5) Don't wait until you need a tool or accessory to buy it, look for the deal and be realistic in what tools you might actually use and buy those tools or equipment as you find them at the right price. 

6) While on the subject of price do not buy tools used at a price greater than you could later sell that tool/machine for.

7) One last recent addition to my tool buying rules; pay attention to old USA made names leaving the country for offshore production. A prime example is Vise-Grip pliers. A few years ago Irwin Company bought the brand and moved them from DeWitt Nebraska to China or somewhere like that. When I saw that was going to happen I bought a decent selection of the USA made stuff for my son while it could still be had. My boy is nine, by the time he is of age to need those tools I wanted him to have some decent ones. This is the one circumstance that will cause me to break my buy it used philosophy. The new USA option is leaving likely never to return in my life so I will jump on stuff like that as I can afford to and as situations dictate. 


I think I might have highjacked this thread, sorry bout that. I will watch that!


----------



## Robert62

I have most of the "Must Haves" but the pin gauges, do you use them very often? For the microscope, I have both the manual and a USB microscope. The USB microscope has software that can be used to measure different shapes based on a calibration.


----------



## porter_jamie

6" rule. if you dont have one of those in your top pocket you don't look the part!

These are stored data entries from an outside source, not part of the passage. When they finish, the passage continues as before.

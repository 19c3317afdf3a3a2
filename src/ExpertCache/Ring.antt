-- ===== src/ExpertCache/Ring.antt =====
-- The queue of launched steps and the ring that their routing is copied into.
use vllm_exl3_plugin.Base.{
  ℕ, zero, suc, ◌+◌, ◌-◌, ◌%◌, ◌≤◌, ◌<◌, ◌≡◌, inl, inr, refl, ap, ◌∙◌, min, false, not, ◌&&◌,
  Option, none, some, List, [], ◌∷◌, ◌++◌, length, drop, leb, ltb, ◌==◌, arith, if◌then◌else◌, All,
  Bool-cases, dec_lt, length-append, All-append,
}
use vllm_exl3_plugin.ExpertCache.State.{Layout, Cache, Launch, Routing, ring_size, hosted, capacity}
use vllm_exl3_plugin.ExpertCache.Landing.{land_flips}
use vllm_exl3_plugin.ExpertCache.Planning.{plan}
use vllm_exl3_plugin.ExpertCache.Steps.{
  pop_finished, step_begin, record_rows, step_end, copies_land, routing_lands, finish_next,
  fill_layer, fill_from, fill, cold, Event, begin, end, copied, routed, happen, run,
}
use vllm_exl3_plugin.ExpertCache.Untouched.{plan_queue}

-- A queued launch has its ring slot, is not of a later step, and has decode rows in the buffer.
pub record LaunchOk (K : Layout) (step : ℕ) (s : Launch) : Type 0 where
  pub place_in_ring : s.slot ≡ s.step_no % ring_size
  pub not_later : s.step_no ≤ step
  pub some_rows : 0 < s.rows
  pub in_buffer : s.rows ≤ K.stage_rows

pub record QueueOk (K : Layout) (c : Cache) : Type 0 where
  pub short : length c.steps < ring_size
  pub launches : All (LaunchOk K c.step) c.steps

module _ (K : Layout) where
  pop_finished-QueueOk :
      (n : ℕ) (last : Option Launch) (ss : List Launch)
      → All (LaunchOk K n) ss
      → All (LaunchOk K n) (pop_finished K last ss).1
        × (length (pop_finished K last ss).1 ≤ length ss)
  unfolding pop_finished
  pop_finished-QueueOk n last [] h = (tt, omega arith)
  pop_finished-QueueOk n last (s ∷ ss) (h, hs) =
      let (r, t) = pop_finished-QueueOk n (some s) ss hs in
      elim (Bool-cases s.finished) [
        | inl done ↦ simp done (r, omega arith)
        | inr busy ↦ simp busy ((h, hs), omega arith)
      ]

  drop-All : {A : Type 0} (P : A → Type 0) (xs : List A) → All P xs → All P (drop 1 xs)
  drop-All P [] h = tt
  drop-All P (x ∷ xs) (_, h) = h

  All-later : (n m : ℕ) → n ≤ m → (ss : List Launch) → All (LaunchOk K n) ss → All (LaunchOk K m) ss
  All-later n m h [] a = tt
  All-later n m h (s ∷ ss) (a, later) = (
    record {
      place_in_ring = a.place_in_ring;
      not_later = (let b = a.not_later in omega arith);
      some_rows = a.some_rows;
      in_buffer = a.in_buffer;
    },
    All-later n m h ss later,
  )

  finish_next-All :
      (n : ℕ) (ss : List Launch)
      → All (LaunchOk K n) ss
      → All (LaunchOk K n) (finish_next K ss) × (length (finish_next K ss) ≡ length ss)
  unfolding finish_next
  finish_next-All n [] h = (tt, refl)
  finish_next-All n (s ∷ ss) (h, hs) =
      let (a, b) = finish_next-All n ss hs in
      elim (Bool-cases s.finished) [
        | inl done ↦ simp done ((h, a), ap suc b)
        | inr busy ↦ simp busy (
          (
            record {
              place_in_ring = h.place_in_ring;
              not_later = h.not_later;
              some_rows = h.some_rows;
              in_buffer = h.in_buffer;
            },
            hs,
          ),
          refl,
        )
      ]

  -- The launch that the end of a step queues, and the queue it is added to.
  abbrev launched : Cache → ℕ → ℕ → Launch
  launched c tokens rows = record {
    slot = (c.step + 1) % ring_size;
    finished = false;
    rows = rows;
    mask = if not (K.stats_every == 0) && not (ltb K.stage_rows tokens) then some c.live else none;
    step_no = c.step + 1;
  }

  abbrev queue_kept : Cache → List Launch
  queue_kept c = if leb (ring_size - 1) (length c.steps) then drop 1 c.steps else c.steps

  pub step_end_steps :
      (c : Cache) (tokens decodes : ℕ) (routing : Routing)
      → 0 < min decodes K.stage_rows
      → (step_end K c tokens decodes routing).steps
        ≡ queue_kept c ++ launched c tokens (min decodes K.stage_rows) ∷ []
  unfolding step_end record_rows
  step_end_steps c tokens decodes routing h = ground arith

  step_end_idle :
      (c : Cache) (tokens decodes : ℕ) (routing : Routing)
      → min decodes K.stage_rows ≡ 0
      → (step_end K c tokens decodes routing).steps ≡ c.steps
  unfolding step_end record_rows
  step_end_idle c tokens decodes routing h = ground arith

  step_end_step :
      (c : Cache) (tokens decodes : ℕ) (routing : Routing)
      → (step_end K c tokens decodes routing).step ≡ c.step + 1
  unfolding step_end record_rows
  step_end_step c tokens decodes routing = ground arith

  pub step_end_ring :
      (c : Cache) (tokens decodes : ℕ) (routing : Routing) (i : ℕ)
      → 0 < min decodes K.stage_rows
      → (step_end K c tokens decodes routing).ring i
        ≡ (if i == (c.step + 1) % ring_size then routing else c.ring i)
  unfolding step_end record_rows
  step_end_ring c tokens decodes routing i h = ground arith

  length_kept :
      (ss : List Launch)
      → length ss < ring_size
      → length (if leb (ring_size - 1) (length ss) then drop 1 ss else ss) < 3
  length_kept [] h = omega arith
  length_kept (s ∷ ss) h = elim (Bool-cases (leb 3 (suc (length ss)))) [
    | inl full ↦ rw full (omega arith)
    | inr room ↦ rw room (ground arith)
  ]

  module _ (c : Cache) (tokens decodes : ℕ) (routing : Routing) where
    abbrev after : Cache
    after = step_end K c tokens decodes routing

    kept_All : (P : Launch → Type 0) → All P c.steps → All P (queue_kept c)
    kept_All P h = elim (Bool-cases (leb 3 (length c.steps))) [
      | inl full ↦ rw full (drop-All P c.steps h)
      | inr room ↦ rw room h
    ]

    step_end-QueueOk : QueueOk K c → QueueOk K after
    step_end-QueueOk h =
        let older : All (LaunchOk K (c.step + 1)) c.steps =
          All-later c.step (c.step + 1) (omega arith) c.steps h.launches in
        let next = step_end_step c tokens decodes routing in
        elim (dec_lt 0 (min decodes K.stage_rows)) [
          | yes rows ↦
              let queue = step_end_steps c tokens decodes routing rows in
              record {
                short =
                    rw
                      (
                        queue,
                        length-append (queue_kept c)
                            (launched c tokens (min decodes K.stage_rows) ∷ []),
                      )
                      (let k = length_kept c.steps h.short in omega arith);
                launches =
                    rw (next, queue)
                      (All-append (LaunchOk K (c.step + 1)) (queue_kept c) _ (kept_All _ older) (
                        record {
                          place_in_ring = refl;
                          not_later = omega arith;
                          some_rows = rows;
                          in_buffer = omega arith;
                        },
                        tt,
                      ));
              }
          | no rows ↦
              let queue = step_end_idle c tokens decodes routing (omega arith) in
              record { short = rw queue h.short; launches = rw (next, queue) older }
        ]

  record Same (c d : Cache) : Type 0 where
    steps : d.steps ≡ c.steps
    step : d.step ≡ c.step

  Same-QueueOk : (c d : Cache) → Same c d → QueueOk K c → QueueOk K d
  Same-QueueOk c d e h = record {
    short = rw e.steps h.short;
    launches = rw (e.steps, e.step) h.launches;
  }

  planned_next :
      (newest : Option Launch) (c : Cache)
      → QueueOk K c
      → QueueOk K (elim newest [ none ↦ c | some launch ↦ plan K c launch ])
  planned_next none c h = h
  planned_next (some launch) c h =
      let (a, b) = plan_queue K c launch in
      Same-QueueOk c (plan K c launch) (record { steps = a; step = b }) h

  happen-QueueOk : (c : Cache) (e : Event) → QueueOk K c → QueueOk K (happen K c e)
  unfolding happen step_begin land_flips copies_land routing_lands
  happen-QueueOk c begin h =
      let (a, b) = pop_finished-QueueOk c.step none c.steps h.launches in
      planned_next (pop_finished K none c.steps).0 _
        (record { short = (let k = h.short in omega arith); launches = a })
  happen-QueueOk c (end tokens decodes routing) h = step_end-QueueOk c tokens decodes routing h
  happen-QueueOk c copied h = record { short = h.short; launches = h.launches }
  happen-QueueOk c routed h =
      let (a, b) = finish_next-All c.step c.steps h.launches in
      record { short = rw b h.short; launches = a }

  run_lem : (es : List Event) (c : Cache) → QueueOk K c → QueueOk K (run K es c)
  unfolding run
  run_lem [] c h = h
  run_lem (e ∷ es) c h = run_lem es (happen K c e) (happen-QueueOk c e h)

  fill_layer_queue : (l s n : ℕ) (es : List ℕ) (c : Cache) → Same c (fill_layer K l s n es c)
  unfolding fill_layer
  fill_layer_queue l s zero es c = record { steps = refl; step = refl }
  fill_layer_queue l s (suc n) [] c = record { steps = refl; step = refl }
  fill_layer_queue l s (suc n) (e ∷ es) c =
      let r = fill_layer_queue l (suc s) n es _ in record { steps = r.steps; step = r.step }

  fill_from_queue : (l n : ℕ) (c : Cache) → Same c (fill_from K l n c)
  unfolding fill_from
  fill_from_queue l zero c = record { steps = refl; step = refl }
  fill_from_queue l (suc n) c =
      let a = fill_layer_queue l 0 (capacity K l) (hosted K l) c in
      let b = fill_from_queue (suc l) n (fill_layer K l 0 (capacity K l) (hosted K l) c) in
      record { steps = b.steps ∙ a.steps; step = b.step ∙ a.step }

  -- After the warm start and any events, at most three launches are queued, and each is of a step
  -- not later than the present one, in the ring slot of its step's number, with at least one decode
  -- row and no more of them than the buffer has.
  pub run-QueueOk : (table : ℕ → ℕ) (es : List Event) → QueueOk K (run K es (fill K table))
  unfolding fill
  run-QueueOk table es = run_lem es (fill K table) (
      Same-QueueOk (cold K table) (fill K table) (fill_from_queue 0 K.layers (cold K table))
        (record { short = omega arith; launches = tt }))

my must have is a 150mm/6" mitutoyo digi caliper. I do not make the mistake of lending if to anyone, since somebody ruined my last set using them to scribe a line, ffs.

Being born in 1970 in the uk, we were not taught imperial/english at school, so i do struggle a bit with fractions. I envy my father who can convert effortlessly in his head between metric and imperial. I have to measure stuff in metric and then consult my trusty wall chart to see what the nearest imperial size is. How am i supposed to know what the next size up from 29/64 is!!!

as for using an imperial micrometer, they frighten me! and i do not own any imperial clocks/indicators so i cannot get confused there.

true story:
i have worked at an automotive oem, and i visited the german supplier of clutch hydraulic master cylinders and slave cylinders. there are basically two sizes of mc, 19.05mm, and 15.875mm

i immediately knew what these sizes were, so i asked the german supplier why we chose 19.05 and not 19mm, and 15.875 and not 16mm. He gave me this cock and bull story about how the diameter of the mc and the slave have been carefully chosen to get the correct hydraulic ratio blah blah blah.

He had no idea at all it was 3/4" and 5/8". completely stunned.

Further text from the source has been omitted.